Navigating demand shifts and economic uncertainty, the fitness industry is still in flux.
Today, we’re breaking down recent developments, earnings calls, and strategic initiatives across the industry.
Ups and Downs
Following the death of gyms and the workout-from-home gold rush, all signs pointed to the
return of in-person exercise.
But, as some brick-and-mortar brands get back to business, other prominent names are shuttering studios. Meanwhile, faced with shrinking sales, digital and connected fitness companies have endured significant layoffs.
Still, despite the ups and downs, the overall industry is seeing a resurgence.
- By 2025, the global fitness and exercise market will surpass $1.2T.
- As of this June, monthly US gym visits are outpacing 2019’s foot traffic.
- This year, the US boutique studio category is expected to reach $22.1B, surpassing pre-pandemic levels.
Gaining Ground
Planet Fitness. Reaching 16.5M members, the budget gym chain saw systemwide sales
top $1B in Q2.
Of note,
Gen Z is the fastest-growing demographic among Planet Fitness members — 15% of all US high-school-age teens are enrolled in its free summer pass program or are paying members.
Outlook: Despite recession concerns, CEO Chris Rondeau believes Planet Fitness will thrive, noting that the company added 1.1M members and doubled its location count during the 2007–09 financial crisis.
Life Time. Eyeing $1.8B in 2022 revenue, premium health club operator Life Time
reported membership and sales growth in Q2.
Pursuing its Athletic Country Club vision—think gym, pools, sports courts, cafe, and more—the company is investing in new programs, including workouts for members
over 55 years old, hiring hundreds of
personal trainers, and going all-in on
pickleball.
Outlook: Citing the macroeconomic situation, Life Time trimmed full-year guidance and hiked prices. But, CEO Bahram Akradi remains confident in the company’s “healthy living and healthy aging” approach.

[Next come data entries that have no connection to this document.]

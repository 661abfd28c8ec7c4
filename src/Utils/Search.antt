-- ===== src/Utils/Search.antt =====
-- strcasestr of utils.c.
use daemonlib.Base.{
  ℕ, suc, ◌+◌, ◌≡◌, ◌≢◌, refl, sym, ap, ◌∙◌, Bool, true, false, Option, none, some, List, [], ◌∷◌,
  ◌++◌, append_assoc, append-nil, map, length, length-append, drop, get_or, ◌==◌, if◌then◌else◌,
  Bool-cases, inl, inr, subst, arith,
}
use mathlib.Core.Option.{some-injective}
use daemonlib.Utils.{IsText, toupper, search_loop, strcasestr}

-- Another string of the same letters stands at a place in a string.
pub record Occurs (haystack needle : List ℕ) (i : ℕ) : Type 0 where
  pub before : List ℕ
  pub found : List ℕ
  pub after : List ℕ
  pub parts : haystack ≡ before ++ (found ++ after)
  pub place : length before ≡ i
  pub same : map toupper found ≡ map toupper needle

-- What is known in the loop, where `cs` is left.
abbrev IsAt :
    (haystack needle : List ℕ) (p : ℕ) (state : Option (List ℕ × ℕ)) (cs : List ℕ) → Type 0
IsAt haystack needle p none cs = (before : List ℕ) × (haystack ≡ before ++ cs) × (length before ≡ p)
IsAt haystack needle p (some (np, startn)) cs =
    (before : List ℕ) × (found : List ℕ) × (haystack ≡ before ++ (found ++ cs))
    × (length before ≡ startn)
    × (length before + length found ≡ p)
    × (map toupper (found ++ np) ≡ map toupper needle)

snoc : (before : List ℕ) (c : ℕ) (cs : List ℕ) → before ++ (c ∷ cs) ≡ before ++ (c ∷ []) ++ cs
snoc before c cs = sym (append_assoc before (c ∷ []) cs)

-- The character is passed over.
passes :
    (haystack needle : List ℕ) (p c : ℕ) (cs : List ℕ) (state : Option (List ℕ × ℕ))
    → IsAt haystack needle p state (c ∷ cs)
    → IsAt haystack needle (suc p) none cs
passes haystack needle p c cs none (before, parts, place) = (
  before ++ (c ∷ []),
  parts ∙ snoc before c cs,
  omega (arith, length-append before (c ∷ []), place),
)
passes haystack needle p c cs (some (np, startn)) (before, found, parts, start, place, same) = (
  before ++ found ++ (c ∷ []),
  parts ∙ sym (append_assoc before found (c ∷ cs)) ∙ snoc (before ++ found) c cs,
  omega (arith, length-append (before ++ found) (c ∷ []), length-append before found, place),
)

toupper-zero : (c : ℕ) → c ≢ 0 → toupper c ≢ 0
toupper-zero c there e = ground (arith, there, e)

map_at :
    (found np : List ℕ) (c d : ℕ)
    → toupper c ≡ toupper d
    → map toupper (found ++ (c ∷ np)) ≡ map toupper (found ++ (d ∷ np))
map_at [] np c d e = ap (λ x. x ∷ map toupper np) e
map_at (x ∷ found) np c d e = ap (λ zs. toupper x ∷ zs) (map_at found np c d e)

-- The character is the next one of the needle.
continues_lem :
    (found np needle : List ℕ) (c : ℕ)
    → c ≢ 0
    → toupper c ≡ toupper (get_or np 0 0)
    → map toupper (found ++ np) ≡ map toupper needle
    → map toupper (found ++ (c ∷ []) ++ drop 1 np) ≡ map toupper needle
continues_lem found [] needle c there e same = ground (arith, toupper-zero c there e)
continues_lem found (d ∷ np) needle c there e same =
    ap (map toupper) (append_assoc found (c ∷ []) np) ∙ (map_at found np c d e ∙ same)

if_so : {A : Type 0} (b : Bool) (x y z : A) → b ≡ true → (if b then x else y) ≡ z → x ≡ z
if_so true x y z so e = e
if_so false x y z so e = ground (arith, so)

if_not : {A : Type 0} (b : Bool) (x y z : A) → b ≡ false → (if b then x else y) ≡ z → y ≡ z
if_not true x y z not_so e = ground (arith, not_so)
if_not false x y z not_so e = e

matched :
    (haystack needle : List ℕ) (p c : ℕ) (cs np : List ℕ) (startn : ℕ)
    → c ≢ 0
    → toupper c ≡ toupper (get_or np 0 0)
    → IsAt haystack needle p (some (np, startn)) (c ∷ cs)
    → IsAt haystack needle (suc p) (some (drop 1 np, startn)) cs
matched haystack needle p c cs np startn there e (before, found, parts, start, place, same) = (
  before,
  found ++ (c ∷ []),
  parts ∙ ap (λ zs. before ++ zs) (snoc found c cs),
  start,
  omega (arith, place, length-append found (c ∷ [])),
  continues_lem found np needle c there e same,
)

begun :
    (haystack needle : List ℕ) (p : ℕ) (cs : List ℕ)
    → IsAt haystack needle p none cs
    → IsAt haystack needle p (some (needle, p)) cs
begun haystack needle p cs (before, parts, place) =
    (before, [], parts, place, omega (arith, place), refl)

ended :
    (haystack needle : List ℕ) (p : ℕ) (cs np : List ℕ) (startn : ℕ)
    → length np ≡ 0
    → IsAt haystack needle p (some (np, startn)) cs
    → Occurs haystack needle startn
ended haystack needle p cs [] startn e (before, found, parts, start, place, same) = record {
  before = before;
  found = found;
  after = cs;
  parts = parts;
  place = start;
  same = ap (map toupper) (sym (append-nil found)) ∙ same;
}
ended haystack needle p cs (d ∷ np) startn e at = ground (arith, e)

search_loop-Occurs :
    (cs haystack needle : List ℕ) (p i : ℕ) (state : Option (List ℕ × ℕ))
    → IsText cs
    → IsAt haystack needle p state cs
    → search_loop cs p state needle ≡ some i
    → Occurs haystack needle i
unfolding search_loop IsText
search_loop-Occurs [] haystack needle p i state chars at e = ground (arith, e)
search_loop-Occurs (c ∷ cs) haystack needle p i none (there, chars) at e =
    let starts = search_loop cs (suc p) (some (drop 1 needle, p)) needle in
    let rest = search_loop cs (suc p) none needle in
    let test = toupper c == toupper (get_or needle 0 0) in
    elim (Bool-cases test) [
      | inl same ↦
          search_loop-Occurs cs haystack needle (suc p) i (some (drop 1 needle, p)) chars
            (matched haystack needle p c cs needle p there (ground (arith, same))
              (begun haystack needle p (c ∷ cs) at))
            (if_so test starts rest (some i) same e)
      | inr other ↦
          search_loop-Occurs cs haystack needle (suc p) i none chars
            (passes haystack needle p c cs none at) (if_not test starts rest (some i) other e)
    ]
search_loop-Occurs (c ∷ cs) haystack needle p i (some (np, startn)) (there, chars) at e =
    let continues = search_loop cs (suc p) (some (drop 1 np, startn)) needle in
    let rest = search_loop cs (suc p) none needle in
    let test = toupper c == toupper (get_or np 0 0) in
    let last = length (drop 1 np) == 0 in
    let found = if last then some startn else continues in
    elim (Bool-cases test) [
      | inr other ↦
          search_loop-Occurs cs haystack needle (suc p) i none chars
            (passes haystack needle p c cs (some (np, startn)) at)
            (if_not test found rest (some i) other e)
      | inl same ↦
          let at' = matched haystack needle p c cs np startn there (ground (arith, same)) at in
          let e' = if_so test found rest (some i) same e in
          elim (Bool-cases last) [
            | inl done ↦
                subst (Occurs haystack needle)
                  (some-injective startn i (if_so last (some startn) continues (some i) done e'))
                  (ended haystack needle (suc p) cs (drop 1 np) startn (ground (arith, done)) at')
            | inr more ↦
                search_loop-Occurs cs haystack needle (suc p) i (some (drop 1 np, startn)) chars at'
                  (if_not last (some startn) continues (some i) more e')
          ]
    ]

-- Where strcasestr says that a string contains another, it does: the characters there are those of the other,
-- up to their case.
pub strcasestr-Occurs :
    (haystack needle : List ℕ) (i : ℕ)
    → IsText haystack
    → strcasestr haystack needle ≡ some i
    → Occurs haystack needle i
strcasestr-Occurs haystack needle i chars e =
    search_loop-Occurs haystack haystack needle 0 i none chars ([], refl, refl) e

either : {x y z : Option ℕ} (b : Bool) → x ≡ z → y ≡ z → (if b then x else y) ≡ z
either true p q = p
either false p q = q

skipped : (b : Bool) (x : Option ℕ) {y z : Option ℕ} → b ≡ false → y ≡ z → (if b then x else y) ≡ z
skipped true x e q = ground (arith, e)
skipped false x e q = q

-- In the loop, for a needle of one character.
single_none :
    (cs : List ℕ) (p n startn : ℕ)
    → IsText cs
    → (search_loop cs p none (n ∷ []) ≡ none)
      × (search_loop cs p (some ([], startn)) (n ∷ []) ≡ none)
unfolding search_loop IsText
single_none [] p n startn chars = (refl, refl)
single_none (c ∷ cs) p n startn (there, chars) =
    let (a, b) = single_none cs (suc p) n startn chars in
    let (a', b') = single_none cs (suc p) n p chars in
    let upper = toupper-zero c there in
    let ends : (toupper c == 0) ≡ false = ground (arith, upper) in
    (either (toupper c == toupper n) b' a, skipped (toupper c == 0) _ ends a)

-- strcasestr finds no needle of one character, whether the string contains it or not.
pub strcasestr_single :
    (haystack : List ℕ) (n : ℕ) → IsText haystack → strcasestr haystack (n ∷ []) ≡ none
strcasestr_single haystack n chars = (single_none haystack 0 n 0 chars).0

Xponential Fitness. Notching its eighth consecutive quarter of growth, Xponential
posted sales and membership gains in Q2.
Thanks to a series of acquisitions, product initiatives, and signed franchise agreements, the boutique studio franchisor was able to weather the pandemic, accelerating once restrictions were lifted.
More specifically, the company’s all-access
XPASS,
digital offering, and growing B2B efforts lifted the brand. International expansion, including studios in the Australia and New Zealand, will help it reach 500+ new locations this year.
Outlook: According to
CEO Anthony Geisler, the economy won’t slow Xpo down. Instead, Geisler said most members have household incomes north of $130K and “do not view fitness as discretionary spend.”
Missing the Mark
As gyms rebound, the recovery isn’t evenly distributed.
SoulCycle. The indoor cycling chain is closing 19 studios (~25% of its footprint) and laying off 75 employees.
According to
CEO Evelyn Webster, customer behavior is shifting and riders haven't returned en mass. As a result, some markets—like NYC—were oversaturated, leading to closures.
After pulling its IPO bid in 2018, the Equinox-owned company debuted its own
smart bike the next year. Missing the home workout boom, Webster told Fitt Insider the company doesn’t comment on bike sales.
Outlook: While its parent company pursues an on-again, off-again
public offering, SoulCycle is
drifting further from its mid-2000s heyday.
F45 Training. Last month, the HIIT studio franchisor
cut 45% of its corporate staff and saw CEO Adam Gilchrist depart.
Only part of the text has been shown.